With the above-mentioned technology, the grounding of the high-frequency noise suppression method of the conventional USB3.0 TypeA can be targeted. The isolation effect of the signal is quite limited, the ring ground terminal worsens the crosstalk problem, and the problem of not using the potential difference to optimize the high-frequency characteristics is broken through to achieve the practical advancement of the above advantages.

1‧‧‧The first high-frequency differential signal transmission conductor pair

11‧‧‧The first high frequency differential signal welding pair

12‧‧‧The first high-frequency differential signal elastic contact pair

2‧‧‧ the first power transmission conductor

21‧‧‧The first power welding section

22‧‧‧ the first power board contact

23‧‧‧First bend base

3‧‧‧ Low-frequency signal transmission conductor pair

31‧‧‧Low frequency signal welding pair

32‧‧‧ Low-frequency signal plate contact pair

4‧‧‧Second power transmission conductor

41‧‧‧Second power welding section

42‧‧‧Second power supply plate contact

43‧‧‧ the second bend base

5‧‧‧Second high frequency differential signal transmission conductor pair

51‧‧‧The second high frequency differential signal welding pair

52‧‧‧The second high-frequency differential signal elastic contact pair

6‧‧‧ ground transmission conductor

61‧‧‧Earth ground contact

62‧‧‧ ground connection

63‧‧‧Ring type partition

631‧‧‧Elastic interference part

71‧‧‧Insulation gel

72‧‧‧shielded housing

8‧‧‧ Transmission conductor welding group

9‧‧‧female connector

91‧‧‧ ground terminal

92‧‧‧ Outer shell

P‧‧‧plane

The first figure is a perspective view of a preferred embodiment of the present invention.
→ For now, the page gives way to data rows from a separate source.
-- ===== src/Core/Regions/Changes.antt =====
-- The two comparisons find exactly what a search of the whole earlier snapshot finds.
use fidelity.Common.{
  ℕ, ◌≤◌, ◌<◌, ◌≡◌, refl, Bool, true, false, not, none, some, List, [], ◌∷◌, arith, leb, ◌==◌,
  length, length-take, any, keep, find, All, Bool-cases, ◌⊎◌, inl, inr, leb→lt,
}
use fidelity.Common.Sort.{sort, Ordered, take-Ordered, keep-Ordered, TotalOrder, sort-Ordered}
use fidelity.Core.Keyed.{keyed-Sweeps}
use fidelity.Core.Sweep.{Sweeps, sweep-keep}
use fidelity.Core.Regions.{
  Region, holds, region_le, max_regions, new, ended_before, not_held, added_since,
  now_writable_since,
}

region_le-TotalOrder : TotalOrder region_le
unfolding region_le
region_le-TotalOrder = record { total = λ a b h. ground arith; trans = λ a b c h k. ground arith }

pub new-Ordered : (regions : List Region) → Ordered region_le (new regions).regions
unfolding new
new-Ordered regions =
    take-Ordered region_le max_regions (sort region_le regions)
      (sort-Ordered region_le region_le-TotalOrder regions)

-- A snapshot stays within its bound.
pub length-new : (regions : List Region) → length (new regions).regions ≤ max_regions
unfolding new
length-new regions = omega (arith, length-take max_regions (sort region_le regions))

region_le-start : (a b : Region) → region_le a b ≡ true → a.start ≤ b.start
unfolding region_le
region_le-start a b h = ground arith

abbrev held_by : List Region → ℕ → Bool
held_by regions address = any (λ r. holds r address) regions

held_by_later :
    (address : ℕ) (b : Region) (regions : List Region)
    → address < b.start
    → All (λ c. region_le b c ≡ true) regions
    → held_by regions address ≡ false
unfolding holds
held_by_later address b [] h above = refl
held_by_later address b (c ∷ regions) h above =
    ground (arith, region_le-start b c above.0, held_by_later address b regions h above.1)

added-Sweeps :
    Sweeps ended_before not_held region_le region_le (λ r regions. not (held_by regions r.start))
added-Sweeps = record {
  skip_mono = λ a a' b h k. ground (arith, region_le-start a a' h);
  found_skip = λ a b bs h. unfold holds in ground arith;
  found_none = λ a. refl;
  found_first = λ a b bs h above. first a b bs h above (Bool-cases (leb b.start a.start));
}
  where
    first :
        (a b : Region) (bs : List Region)
        → ended_before a b ≡ false
        → All (λ c. region_le b c ≡ true) bs
        → (leb b.start a.start ≡ true) ⊎ (leb b.start a.start ≡ false)
        → not (held_by (b ∷ bs) a.start) ≡ not_held a (some b)
    first a b bs h above (inl e) = unfold holds in ground arith
    first a b bs h above (inr e) =
        rw (held_by_later a.start b bs (leb→lt _ _ e) above) (ground arith)

-- The single sweep over two sorted snapshots finds exactly the regions whose first address no
-- region of the earlier snapshot holds, in address order.
pub added_since-keep :
    (current earlier : List Region)
    → added_since (new current) (new earlier)
      ≡ keep (λ r. not (any (λ c. holds c r.start) (new earlier).regions)) (new current).regions
unfolding added_since
added_since-keep current earlier =
    sweep-keep added-Sweeps (new current).regions (new earlier).regions (new-Ordered current)
      (new-Ordered earlier)

-- The single sweep finds exactly the writable regions for which the first region of the earlier
-- snapshot with the same start was not writable, in address order.
pub now_writable_since-keep :
    (current earlier : List Region)
    → now_writable_since (new current) (new earlier)
      ≡ keep
          (λ r. elim (find (λ (c : Region). c.start == r.start) (new earlier).regions) [
            | none ↦ false
            | some c ↦ not c.writable
          ])
          (keep (λ (r : Region). r.writable) (new current).regions)
unfolding now_writable_since
now_writable_since-keep current earlier =
    sweep-keep
      (keyed-Sweeps (λ (r : Region). r.start) (λ (c : Region). c.start) (λ r c. not c.writable)
        region_le region_le region_le-start region_le-start)
      (keep (λ (r : Region). r.writable) (new current).regions) (new earlier).regions
      (keep-Ordered region_le _ (new current).regions (new-Ordered current)) (new-Ordered earlier)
The second figure is a perspective view of a transmission conductor according to a preferred embodiment of the present invention.

The third figure is a perspective view of another angle transmission conductor according to a preferred embodiment of the present invention.

The fourth figure is a top view of a transmission conductor according to a preferred embodiment of the present invention.

The fifth figure is a front view of a transmission conductor according to a preferred embodiment of the present invention.

The sixth diagram is a schematic diagram of the male-female docking implementation (1) of the preferred embodiment of the present invention.

The seventh diagram is a schematic diagram of the male-female docking implementation (1) of the preferred embodiment of the present invention.

The eighth figure is a sectional view taken along line A-A of the seventh figure of the preferred embodiment of the present invention.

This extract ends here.